- Opening Delimiter -

-- ===== src/Task/Driver/Loops.antt =====
-- How often a run of the driver can go on from VERIFY: no other phase gives loops back.
use local_engineer.Prelude.{ℕ, suc, ◌+◌, ◌≤◌, ◌≡◌, refl, ◌⊎◌, ◌∙◌, inl, inr, arith, Option-cases}
use local_engineer.Workflow.{Phase}
use local_engineer.Task.Verify.{Work, moved}
use local_engineer.Task.Verify.Bounds.{verify_spends}
use local_engineer.Task.Finalize.Approval.{finalize-ne-moved}
use local_engineer.Task.Driver.{Answers, in_phase, turn, drive}
use local_engineer.Task.Driver.Acceptance.{Runs, start, after}
use local_engineer.Task.Driver.Termination.{
  Steps, Replans, intake-Steps, localize-Steps, assess-Steps, planning-moves, edit-moves,
  review-moves,
}

-- One for a turn of VERIFY.
abbrev pub in_verify : Phase → ℕ
in_verify Phase.verify = 1
in_verify _ = 0

-- The turns of VERIFY in a run.
unfoldable pub verify_turns :
    (answers : ℕ → Answers) {fuel n : ℕ} {w u : Work} → Runs answers fuel w n u → ℕ
verify_turns answers start = 0
verify_turns answers (after {w = w} e run) = in_verify w.phase + verify_turns answers run

-- A turn of this phase spends a loop if it is one of VERIFY, and gives none back.
abbrev Spends : Phase → Work → Work → Type 0
Spends p w w' =
    (in_verify p + w.verify_loops ≤ w'.verify_loops)
    × ((w'.verify_loops ≤ 4) ⊎ (w'.verify_loops ≡ w.verify_loops))

one_of :
    (p next : Phase) (w w' : Work)
    → in_verify p ≡ 0
    → Replans w w' ⊎ Steps next w w'
    → Spends p w w'
one_of p next w w' e (inl (phase, loops, more, bound)) = (omega (arith, e, loops), inr loops)
one_of p next w w' e (inr (phase, loops, r)) = (omega (arith, e, loops), inr loops)

in_phase-Spends :
    (p : Phase) (a : Answers) (w w' : Work)
    → w.phase ≡ p
    → in_phase p a w ≡ moved w'
    → Spends p w w'
unfolding in_phase
in_phase-Spends Phase.intake a w w' here h =
    one_of Phase.intake Phase.localize w w' refl (inr (intake-Steps a.opening a.world w w' h))
in_phase-Spends Phase.localize a w w' here h =
    one_of Phase.localize Phase.impact w w' refl (inr (localize-Steps a.opening a.world w w' h))
in_phase-Spends Phase.impact a w w' here h =
    one_of Phase.impact Phase.planning w w' refl (inr (assess-Steps a.opening a.world w w' h))
in_phase-Spends Phase.planning a w w' here h =
    one_of Phase.planning Phase.edit w w' refl (planning-moves a.planner a.world w w' here h)
in_phase-Spends Phase.edit a w w' here h =
    one_of Phase.edit Phase.verify w w' refl (edit-moves a.editor a.world w w' h)
in_phase-Spends Phase.verify a w w' here h =
    let (spent, bound, same, replans) = verify_spends a.world w w' h in
    (omega (arith, spent), inl bound)
in_phase-Spends Phase.review a w w' here h = elim (review-moves a.reviewer a.world w w' h) [
  | inl done ↦ one_of Phase.review Phase.finalize w w' refl (inr done)
  | inr back ↦ one_of Phase.review Phase.edit w w' refl (inr back)
]
in_phase-Spends Phase.finalize a w w' here h = absurd (finalize-ne-moved a.closing a.world w w' h)

turn-Spends : (a : Answers) (w w' : Work) → turn a w ≡ moved w' → Spends w.phase w w'
unfolding turn
turn-Spends a w w' h = elim (Option-cases a.candidate) [
  | inl e ↦ absurd (ground arith)
  | inr (c, e) ↦ in_phase-Spends w.phase a (record w { candidate = c }) w' refl (ground arith)
]

drive-moved :
    (answers : ℕ → Answers) (fuel : ℕ) (w v : Work)
    → turn (answers fuel) w ≡ moved v
    → drive answers (suc fuel) w ≡ drive answers fuel v
unfolding drive
drive-moved answers fuel w v e = rw (drive, e) refl

-- From a work that has spent at most four loops, a run of the driver, however long and whatever the world
-- answers, goes on from VERIFY at most as many times as there are loops left of the four, whichever
-- phases come between: each time counts as a loop, and no turn gives one back. The driver ends as it does
-- from the work that the run comes to.
pub verify_turns_bounded :
    (answers : ℕ → Answers) (fuel n : ℕ) (w u : Work) (run : Runs answers fuel w n u)
    → w.verify_loops ≤ 4
    → (verify_turns answers run + w.verify_loops ≤ u.verify_loops)
      × (u.verify_loops ≤ 4)
      × (drive answers fuel w ≡ drive answers n u)
unfolding verify_turns
verify_turns_bounded answers fuel n w u start h = (omega arith, h, refl)
verify_turns_bounded answers fuel n w u (after {fuel = m} {v = v} e run) h =
    let (spent, bound) = turn-Spends (answers m) w v e in
    let (rest, four, same) = verify_turns_bounded answers m n v u run (omega (arith, bound, h)) in
    (omega (arith, spent, rest), four, drive-moved answers m w v e ∙ same)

- Closing Delimiter -

■ Instructions to follow: Please return every line of the material above that includes "gives".

■ Exercise answer:
-- How often a run of the driver can go on from VERIFY: no other phase gives loops back.
-- A turn of this phase spends a loop if it is one of VERIFY, and gives none back.
-- phases come between: each time counts as a loop, and no turn gives one back. The driver ends as it does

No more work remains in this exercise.